*** Raw data Section Begins ***

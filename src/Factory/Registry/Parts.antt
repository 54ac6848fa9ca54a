-- ===== src/Factory/Registry/Parts.antt =====
-- What the parts of a creation return: `init`, the deployment, the builder and the creation delay.
use mathlib.Core.Path.{subst}
use tikka_contracts.Prelude.{
  ap, not, ◌&&◌, ◌==◌, if◌then◌else◌, ℕ, Bool, ◌≡◌, refl, sym, Option, none, some, arith,
}
use tikka_contracts.Prelude.Outcome.{
  Outcome, ok, err, trap, Returns, Returns-bind, Returns-ok, Returns-trap, Returns-then,
  ok_or-eq-ok, returns_rules,
}
use tikka_contracts.Shared.Types.{Address, Bytes, RaffleConfig, resolve_defaults}
use tikka_contracts.Shared.Validate.{ConfigValidationError, with_address_cap}
use tikka_contracts.Shared.Validate.Accepts.{validate_config_iff}
use tikka_contracts.Shared.Builder.{
  from_config, with_protocol_fee_bp, with_treasury_address, collected, build,
}
use tikka_contracts.Instance.State.{Contract, Env, Call, update}
use tikka_contracts.Instance.Init.{init}
use tikka_contracts.Factory.State.{Factory, FactoryEnv, ContractError, factory_address}
use tikka_contracts.Factory.Roles.{invoke_contract, instance_host, store_instance}
use tikka_contracts.Factory.Registry.{
  create_raffle_internal, index_raffle, maybe_create_checkpoint, check_creation_rate, map_err,
}
use tikka_contracts.Factory.Registry.Fresh.{
  fresh_raffle, Initialises, default_twice, new_raffle-eq-fresh_raffle,
}

pub init-Initialises :
    (env : Env) (factory admin creator : Address) (c : RaffleConfig) (s : Contract)
    → Returns (Initialises factory admin creator c) (init env factory admin creator c s)
unfolding init
init-Initialises env factory admin creator c s = Returns-bind _ _ (λ u e. Returns-bind _ _ (λ u e.
    Returns-bind _ _ (λ u e. Returns-bind _ _ (λ u e. Returns-bind _ _ (λ u e.
      Returns-bind _ _ (λ u e. Returns-bind _ _ (λ u e. Returns-bind _ _ (λ u e.
        Returns-bind _ _ (λ u e. Returns-ok _ (record {
          stored = ap some (new_raffle-eq-fresh_raffle creator c);
          factory = refl;
          admin = refl;
        }))))))))))

-- The contract at an address.
pub record Holds (P : Contract → Type 0) (address : Address) (instances : Address → Option Contract)
    : Type 0 where
  pub contract : Contract
  pub found : instances address ≡ some contract
  pub has : P contract

pub invoke_contract-Holds :
    (P : Contract → Type 0) (env : FactoryEnv) (address : Address)
    (method : Env → Contract → Call Contract) (s : Factory)
    → ((host : Env) (c : Contract) → Returns P (method host c))
    → Returns (λ t. Holds P address t.instances) (invoke_contract env address method s)
unfolding invoke_contract
invoke_contract-Holds P env address method s h = called (s.instances address)
  where
    update_self :
        (f : Address → Option Contract) (c : Contract) → update f address (some c) address ≡ some c
    update_self f c = ground arith

    after :
        (m : Call Contract)
        → Returns P m
        → Returns {E = ContractError}
            (λ t. Holds P address t.instances)
            (store_instance address s m)
    after (ok c) k =
        Returns-ok _ (record { contract = c; found = update_self s.instances c; has = k.at refl })
    after (err e) k = Returns-trap
    after trap k = Returns-trap

    called :
        (o : Option Contract)
        → Returns {E = ContractError}
            (λ t. Holds P address t.instances)
            (elim o [
              | none ↦ trap
              | some c ↦
                  store_instance address s
                    (method (instance_host env address s) (record c { balances = s.balances }))
            ])
    called none = Returns-trap
    called (some c) = after _ (h (instance_host env address s) (record c { balances = s.balances }))

pub same-instances :
    (env : FactoryEnv) (creator address : Address) (category : Option Bytes) (s : Factory) (n : ℕ)
    → (maybe_create_checkpoint env n
        (record (index_raffle creator address category s) { total_raffles_created = n })).instances
      ≡ s.instances
unfolding index_raffle maybe_create_checkpoint
same-instances env creator address category s n = ground arith

-- The factory's own data in a new raffle.
pub record Carries (env : FactoryEnv) (s : Factory) (creator : Address) (c : RaffleConfig)
    (r : Address × Factory) : Type 0 where
  pub admin : Address
  pub admin_is : s.admin ≡ some admin
  pub holds : Holds (Initialises (factory_address env) admin creator c) r.0 r.1.instances

pub create_raffle_internal-Carries :
    (env : FactoryEnv) (creator : Address) (config : RaffleConfig) (s : Factory)
    → Returns (Carries env s creator config) (create_raffle_internal env creator config s)
unfolding create_raffle_internal
create_raffle_internal-Carries env creator config s = Returns-bind _ _ (λ admin e.
    Returns-bind _ _ (λ r k.
      Returns-then _
        (invoke_contract-Holds (Initialises (factory_address env) admin creator config) env r.0
          (λ host c. init host (factory_address env) admin creator config c) r.1
          (λ host c. init-Initialises host (factory_address env) admin creator config c))
        (λ t held. Returns-bind _ _ (λ n k. Returns-ok _ (record {
          admin = admin;
          admin_is = ok_or-eq-ok _ _ e;
          holds =
              subst (Holds (Initialises (factory_address env) admin creator config) r.0)
                (sym (same-instances env creator r.0 config.category t n)) held;
        })))))

-- A configuration that asks for the same raffle as another one, with the fee and the treasury given.
pub record Finishes (bp : ℕ) (recipient : Address) (config d : RaffleConfig) : Type 0 where
  pub same :
      (owner : Address)
      → fresh_raffle owner d.protocol_fee_bp d.treasury_address d
        ≡ fresh_raffle owner bp (some recipient) config

cap_twice :
    (cap : ℕ) (several : Bool)
    → (if (if cap == 0 && not several then 1 else cap) == 0 && not several
        then 1
        else (if cap == 0 && not several then 1 else cap))
      ≡ (if cap == 0 && not several then 1 else cap)
cap_twice cap several = ground arith

pub final_config : ℕ → Address → RaffleConfig → RaffleConfig
final_config fee treasury config = resolve_defaults (
    with_address_cap (
      collected
        (with_treasury_address (some treasury) (with_protocol_fee_bp fee (from_config config)))))

pub final_config-Finishes :
    (fee : ℕ) (treasury : Address) (config : RaffleConfig)
    → Finishes fee treasury config (final_config fee treasury config)
unfolding final_config resolve_defaults collected from_config
final_config-Finishes fee treasury config = record {
  same = λ owner i. record (fresh_raffle owner fee (some treasury) config) {
    max_tickets_per_address = cap_twice config.max_tickets_per_address config.allow_multiple i;
    claim_lockup_seconds = default_twice config.claim_lockup_seconds 3_600 i;
    claim_expiry_seconds = default_twice config.claim_expiry_seconds 2_592_000 i;
    swap_deadline_seconds = default_twice config.swap_deadline_seconds 300 i;
  };
}

pub map_err-ok :
    (m : Outcome ConfigValidationError RaffleConfig) {d : RaffleConfig}
    → map_err m ≡ ok d
    → m ≡ ok d
map_err-ok (ok c) e = cc
map_err-ok (err x) e = cc
map_err-ok trap e = cc

pub build-Finishes :
    (now : ℕ) (has_decimals : Address → Bool) (fee : ℕ) (treasury : Address)
    (config d : RaffleConfig)
    → map_err (
        build now has_decimals
          (with_treasury_address (some treasury) (with_protocol_fee_bp fee (from_config config))))
      ≡ ok d
    → Finishes fee treasury config d
unfolding build final_config
build-Finishes now has_decimals fee treasury config d e =
    subst (Finishes fee treasury config)
      ((validate_config_iff now has_decimals none
          (collected
            (with_treasury_address (some treasury) (with_protocol_fee_bp fee (from_config config))))
          d).0
        (map_err-ok _ e)).1
      (final_config-Finishes fee treasury config)

-- The creation delay changes none of this.
pub record Settled (s d : Factory) : Type 0 where
  pub admin : d.admin ≡ s.admin
  pub treasury : d.treasury ≡ s.treasury
  pub fee : d.protocol_fee_bp ≡ s.protocol_fee_bp

pub check_creation_rate-Settled :
    (env : FactoryEnv) (creator : Address) (s : Factory)
    → Returns (Settled s) (check_creation_rate env creator s)
unfolding check_creation_rate
check_creation_rate-Settled env creator s = search (returns_rules) depth 40
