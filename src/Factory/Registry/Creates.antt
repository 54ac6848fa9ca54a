-- ===== src/Factory/Registry/Creates.antt =====
-- What a created raffle starts with: the composition of the factory with the builder and with `init`.
use mathlib.Core.Path.{ap₂}
use tikka_contracts.Prelude.{◌≡◌, ◌≢◌, ap, sym, ◌∙◌, none, some}
use tikka_contracts.Prelude.Outcome.{Outcome, ok, Returns, Returns-bind, Returns-then, ok_or-eq-ok}
use tikka_contracts.Shared.Types.{Address, RaffleConfig}
use tikka_contracts.Instance.State.{Contract}
use tikka_contracts.Factory.State.{Factory, FactoryEnv, ContractError, factory_address}
use tikka_contracts.Factory.Registry.{create_raffle}
use tikka_contracts.Factory.Registry.Parts.{
  Carries, create_raffle_internal-Carries, Finishes, build-Finishes, Settled,
  check_creation_rate-Settled,
}
use tikka_contracts.Factory.Registry.Fresh.{fresh_raffle}

-- What `create_raffle` promises of the contract at the address that it returns.
pub record Creates (env : FactoryEnv) (s : Factory) (owner : Address) (config : RaffleConfig)
    (r : Address × Factory) : Type 0 where
  pub contract : Contract
  pub deployed : r.1.instances r.0 ≡ some contract
  pub stored : contract.raffle ≡ some (fresh_raffle owner s.protocol_fee_bp s.treasury config)
  pub has_treasury : s.treasury ≢ none
  pub factory : contract.factory ≡ some (factory_address env)
  pub admin : contract.admin ≡ s.admin

Carries-Creates :
    (env : FactoryEnv) (creator treasury : Address) (config d : RaffleConfig) (s timed : Factory)
    (r : Address × Factory)
    → Settled s timed
    → timed.treasury ≡ some treasury
    → Finishes timed.protocol_fee_bp treasury config d
    → Carries env timed creator d r
    → Creates env s creator config r
Carries-Creates env creator treasury config d s timed r settled paid final carried = record {
  contract = carried.holds.contract;
  deployed = carried.holds.found;
  stored =
      carried.holds.has.stored
      ∙ ap some (
          final.same creator
          ∙ ap₂ (λ bp to. fresh_raffle creator bp to config) settled.fee
              (sym paid ∙ settled.treasury));
  has_treasury = λ e. let known = sym paid ∙ settled.treasury ∙ e in cc;
  factory = carried.holds.has.factory;
  admin = carried.holds.has.admin ∙ sym carried.admin_is ∙ settled.admin;
}

create_raffle-Returns :
    (env : FactoryEnv) (creator : Address) (config : RaffleConfig) (s : Factory)
    → Returns (Creates env s creator config) (create_raffle env creator config s)
unfolding create_raffle
create_raffle-Returns env creator config s = Returns-bind _ _ (λ u e. Returns-bind _ _ (λ u e.
    Returns-bind _ _ (λ u e.
      Returns-then _ (check_creation_rate-Settled env creator s) (λ timed settled.
        Returns-bind _ _ (λ treasury paid. Returns-bind _ _ (λ final e. Returns-bind _ _ (λ u k.
          weaken (create_raffle_internal-Carries env creator final timed) (λ r carried.
            Carries-Creates env creator treasury config final s timed r settled
              (ok_or-eq-ok _ _ paid)
              (build-Finishes env.host.timestamp env.host.has_decimals timed.protocol_fee_bp
                treasury config final e)
              carried))))))))
  where
    weaken :
        {A : Type 0} {P Q : A → Type 0} {m : Outcome ContractError A}
        → Returns Q m
        → ((a : A) → Q a → P a)
        → Returns P m
    weaken h k = record { at = λ e. k _ (h.at e) }

-- Where `create_raffle` succeeds, a contract stands at the address that it returns. It knows the factory,
-- has the factory's admin, and stores, field by field, the raffle that the configuration asks for: with its
-- creator and all its terms, the fee and the treasury of the factory, which has one, the one-ticket cap and
-- the default windows where the configuration leaves them open, the payment token as its prize token, no
-- ticket sold, no prize paid in, no winner, and the status PendingPrize.
pub create_raffle-Creates :
    (env : FactoryEnv) (creator address : Address) (config : RaffleConfig) (s t : Factory)
    → create_raffle env creator config s ≡ ok (address, t)
    → Creates env s creator config (address, t)
create_raffle-Creates env creator address config s t e =
    (create_raffle-Returns env creator config s).at e
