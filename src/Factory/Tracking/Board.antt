-- ===== src/Factory/Tracking/Board.antt =====
-- What an update of a leaderboard leaves: the ten best entries of the updated table, best first.
use mathlib.Core.List.{Perm}
use mathlib.Core.List.Perm
use tikka_contracts.Prelude.{
  ℕ, zero, suc, ◌≤◌, Bool, true, false, ◌≡◌, refl, ap, [], ◌∷◌, if◌then◌else◌, length, All, arith,
}
use tikka_contracts.Prelude.Int.{ℤ, ◌≤ℤ◌, ltb_ℤ}
use tikka_contracts.Shared.Types.{Address}
use tikka_contracts.Factory.State.{Leaderboard}
use tikka_contracts.Factory.Tracking.{select_largest, sort_board}

abbrev pub Below : ℤ → Leaderboard → Type 0
Below metric board = All (λ entry. entry.1 ≤ℤ metric) board

abbrev pub IsDescending : Leaderboard → Type 0
IsDescending [] = Unit
IsDescending (entry ∷ board) = Below entry.1 board × IsDescending board

select_largest-perm :
    (left : Address × ℤ) (board : Leaderboard)
    → Perm (left ∷ board) ((select_largest left board).0 ∷ (select_largest left board).1)
unfolding select_largest
select_largest-perm left [] = Perm.rfl
select_largest-perm left (right ∷ board) =
    step (λ l. select_largest-perm l board) (ltb_ℤ left.1 right.1)
  where
    step :
        ((l : Address × ℤ)
          → Perm (l ∷ board) ((select_largest l board).0 ∷ (select_largest l board).1))
        → (b : Bool)
        → Perm (left ∷ right ∷ board) (
            (select_largest (if b then right else left) board).0
            ∷ (if b then left else right)
            ∷ (select_largest (if b then right else left) board).1)
    step p true = Perm.trans (Perm.cons left (p right)) (Perm.swap _ left _)
    step p false =
        Perm.trans (Perm.swap right left board)
          (Perm.trans (Perm.cons right (p left)) (Perm.swap _ right _))

-- An entry and a list below it.
abbrev Leads : (Address × ℤ) × Leaderboard → Type 0
Leads r = Below r.0.1 r.1

-- The entry that is kept is at least as large as all others.
select_largest-Leads :
    (left : Address × ℤ) (board : Leaderboard)
    → (left.1 ≤ℤ (select_largest left board).0.1) × Leads (select_largest left board)
unfolding select_largest
select_largest-Leads left [] = (omega arith, tt)
select_largest-Leads left (right ∷ board) =
    step (λ l. select_largest-Leads l board) (ltb_ℤ left.1 right.1) refl
  where
    step :
        ((l : Address × ℤ) → (l.1 ≤ℤ (select_largest l board).0.1) × Leads (select_largest l board))
        → (b : Bool) → ltb_ℤ left.1 right.1 ≡ b
        → (left.1 ≤ℤ (select_largest (if b then right else left) board).0.1)
          × Leads (
            (select_largest (if b then right else left) board).0,
            (if b then left else right) ∷ (select_largest (if b then right else left) board).1,
          )
    step p true e = (ground (arith, e, (p right).0), (ground (arith, e, (p right).0), (p right).1))
    step p false e = ((p left).0, (ground (arith, e, (p left).0), (p left).1))

Below-select_largest :
    (metric : ℤ) (left : Address × ℤ) (board : Leaderboard)
    → left.1 ≤ℤ metric
    → Below metric board
    → ((select_largest left board).0.1 ≤ℤ metric) × Below metric (select_largest left board).1
unfolding select_largest
Below-select_largest metric left [] h k = (h, tt)
Below-select_largest metric left (right ∷ board) h k =
    step (λ l e. Below-select_largest metric l board e k.1) (ltb_ℤ left.1 right.1)
  where
    step :
        ((l : Address × ℤ)
          → l.1 ≤ℤ metric
          → ((select_largest l board).0.1 ≤ℤ metric) × Below metric (select_largest l board).1)
        → (b : Bool)
        → ((select_largest (if b then right else left) board).0.1 ≤ℤ metric)
          × Below metric
              ((if b then left else right) ∷ (select_largest (if b then right else left) board).1)
    step p true = ((p right k.0).0, (h, (p right k.0).1))
    step p false = ((p left h).0, (k.0, (p left h).1))

pub length-select_largest :
    (left : Address × ℤ) (board : Leaderboard) → length (select_largest left board).1 ≡ length board
unfolding select_largest
length-select_largest left [] = refl
length-select_largest left (right ∷ board) =
    ap suc (length-select_largest (if ltb_ℤ left.1 right.1 then right else left) board)

pub sort_board-perm : (n : ℕ) (board : Leaderboard) → Perm board (sort_board n board)
unfolding sort_board
sort_board-perm zero board = Perm.rfl
sort_board-perm (suc n) [] = Perm.rfl
sort_board-perm (suc n) (left ∷ board) =
    Perm.trans (select_largest-perm left board)
      (Perm.cons (select_largest left board).0 (sort_board-perm n (select_largest left board).1))

Below-sort_board :
    (n : ℕ) (metric : ℤ) (board : Leaderboard)
    → Below metric board
    → Below metric (sort_board n board)
unfolding sort_board
Below-sort_board zero metric board h = h
Below-sort_board (suc n) metric [] h = tt
Below-sort_board (suc n) metric (left ∷ board) h =
    (kept.0, Below-sort_board n metric (select_largest left board).1 kept.1)
  where
    kept : ((select_largest left board).0.1 ≤ℤ metric) × Below metric (select_largest left board).1
    kept = Below-select_largest metric left board h.0 h.1

pub sort_board-IsDescending :
    (n : ℕ) (board : Leaderboard) → length board ≤ n → IsDescending (sort_board n board)
unfolding sort_board
sort_board-IsDescending zero [] h = tt
sort_board-IsDescending zero (left ∷ board) h = absurd (omega arith)
sort_board-IsDescending (suc n) [] h = tt
sort_board-IsDescending (suc n) (left ∷ board) h = (
  Below-sort_board n (select_largest left board).0.1 (select_largest left board).1
      (select_largest-Leads left board).1,
  sort_board-IsDescending n (select_largest left board).1
      (omega (arith, length-select_largest left board)),
)
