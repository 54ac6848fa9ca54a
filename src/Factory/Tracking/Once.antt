-- ===== src/Factory/Tracking/Once.antt =====
-- How often a leaderboard lists a raffle.
use tikka_contracts.Prelude.{
  ℕ, zero, suc, ◌+◌, ◌≤◌, Bool, true, false, ◌≡◌, refl, ap, ◌∙◌, [], ◌∷◌, ◌++◌, ◌==◌, if◌then◌else◌,
  length, arith,
}
use tikka_contracts.Prelude.Int.{ℤ, ltb_ℤ}
use tikka_contracts.Shared.Types.{Address}
use tikka_contracts.Factory.State.{Leaderboard}
use tikka_contracts.Factory.Tracking.{
  leaderboard_cap, drop_entry, select_largest, sort_board, take_upto, upsert_leaderboard,
}

-- The number of entries for a raffle.
abbrev pub entries_for : Address → Leaderboard → ℕ
entries_for raffle [] = 0
entries_for raffle (entry ∷ board) = (if entry.0 == raffle then 1 else 0) + entries_for raffle board

entries_for-select_largest :
    (raffle : Address) (left : Address × ℤ) (board : Leaderboard)
    → entries_for raffle ((select_largest left board).0 ∷ (select_largest left board).1)
      ≡ entries_for raffle (left ∷ board)
unfolding select_largest
entries_for-select_largest raffle left [] = refl
entries_for-select_largest raffle left (right ∷ board) =
    step (λ l. entries_for-select_largest raffle l board) (ltb_ℤ left.1 right.1)
  where
    step :
        ((l : Address × ℤ)
          → entries_for raffle ((select_largest l board).0 ∷ (select_largest l board).1)
            ≡ entries_for raffle (l ∷ board))
        → (b : Bool)
        → entries_for raffle (
            (select_largest (if b then right else left) board).0
            ∷ (if b then left else right)
            ∷ (select_largest (if b then right else left) board).1)
          ≡ entries_for raffle (left ∷ right ∷ board)
    step p true = ground (arith, p right)
    step p false = ground (arith, p left)

entries_for-sort_board :
    (raffle : Address) (n : ℕ) (board : Leaderboard)
    → entries_for raffle (sort_board n board) ≡ entries_for raffle board
unfolding sort_board
entries_for-sort_board raffle zero board = refl
entries_for-sort_board raffle (suc n) [] = refl
entries_for-sort_board raffle (suc n) (left ∷ board) =
    ap (λ k. (if (select_largest left board).0.0 == raffle then 1 else 0) + k)
      (entries_for-sort_board raffle n (select_largest left board).1)
    ∙ entries_for-select_largest raffle left board

entries_for-take_upto :
    (raffle : Address) (n : ℕ) (board : Leaderboard)
    → entries_for raffle (take_upto n board) ≤ entries_for raffle board
entries_for-take_upto raffle zero board = omega arith
entries_for-take_upto raffle (suc n) [] = omega arith
entries_for-take_upto raffle (suc n) (entry ∷ board) =
    ground (arith, entries_for-take_upto raffle n board)

entries_for-drop_entry_self :
    (raffle : Address) (board : Leaderboard) → entries_for raffle (drop_entry raffle board) ≡ 0
entries_for-drop_entry_self raffle [] = refl
entries_for-drop_entry_self raffle (entry ∷ board) =
    ground (arith, entries_for-drop_entry_self raffle board)

entries_for-drop_entry :
    (raffle other : Address) (board : Leaderboard)
    → entries_for other (drop_entry raffle board) ≤ entries_for other board
entries_for-drop_entry raffle other [] = omega arith
entries_for-drop_entry raffle other (entry ∷ board) =
    ground (arith, entries_for-drop_entry raffle other board)

entries_for-append :
    (raffle : Address) (xs ys : Leaderboard)
    → entries_for raffle (xs ++ ys) ≡ entries_for raffle xs + entries_for raffle ys
entries_for-append raffle [] ys = omega arith
entries_for-append raffle (entry ∷ xs) ys = ground (arith, entries_for-append raffle xs ys)

-- An update of a leaderboard that lists every raffle at most once leaves one that does.
pub upsert_leaderboard-once :
    (raffle : Address) (metric : ℤ) (board : Leaderboard)
    → ((r : Address) → entries_for r board ≤ 1)
    → (r : Address) → entries_for r (upsert_leaderboard raffle metric board) ≤ 1
unfolding upsert_leaderboard
upsert_leaderboard-once raffle metric board h r = ground (
  arith,
  entries_for-take_upto r leaderboard_cap (sort_board (length next) next),
  entries_for-sort_board r (length next) next,
  entries_for-append r (drop_entry raffle board) ((raffle, metric) ∷ []),
  entries_for-drop_entry_self raffle board,
  entries_for-drop_entry raffle r board,
  h r,
)
  where
    next : Leaderboard
    next = drop_entry raffle board ++ (raffle, metric) ∷ []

*** Raw data Section Ends ***

**About this exercise**
Taking the entries above, write out exactly the lines starting with the line containing "left) board).0.1 ≤ℤ metric)" and going on through the line containing "ap suc (length-select_largest", both included, and nothing else.

**Result**
        → ((select_largest (if b then right else left) board).0.1 ≤ℤ metric)
          × Below metric
              ((if b then left else right) ∷ (select_largest (if b then right else left) board).1)
    step p true = ((p right k.0).0, (h, (p right k.0).1))
    step p false = ((p left h).0, (k.0, (p left h).1))

pub length-select_largest :
    (left : Address × ℤ) (board : Leaderboard) → length (select_largest left board).1 ≡ length board
unfolding select_largest
length-select_largest left [] = refl
length-select_largest left (right ∷ board) =
    ap suc (length-select_largest (if ltb_ℤ left.1 right.1 then right else left) board)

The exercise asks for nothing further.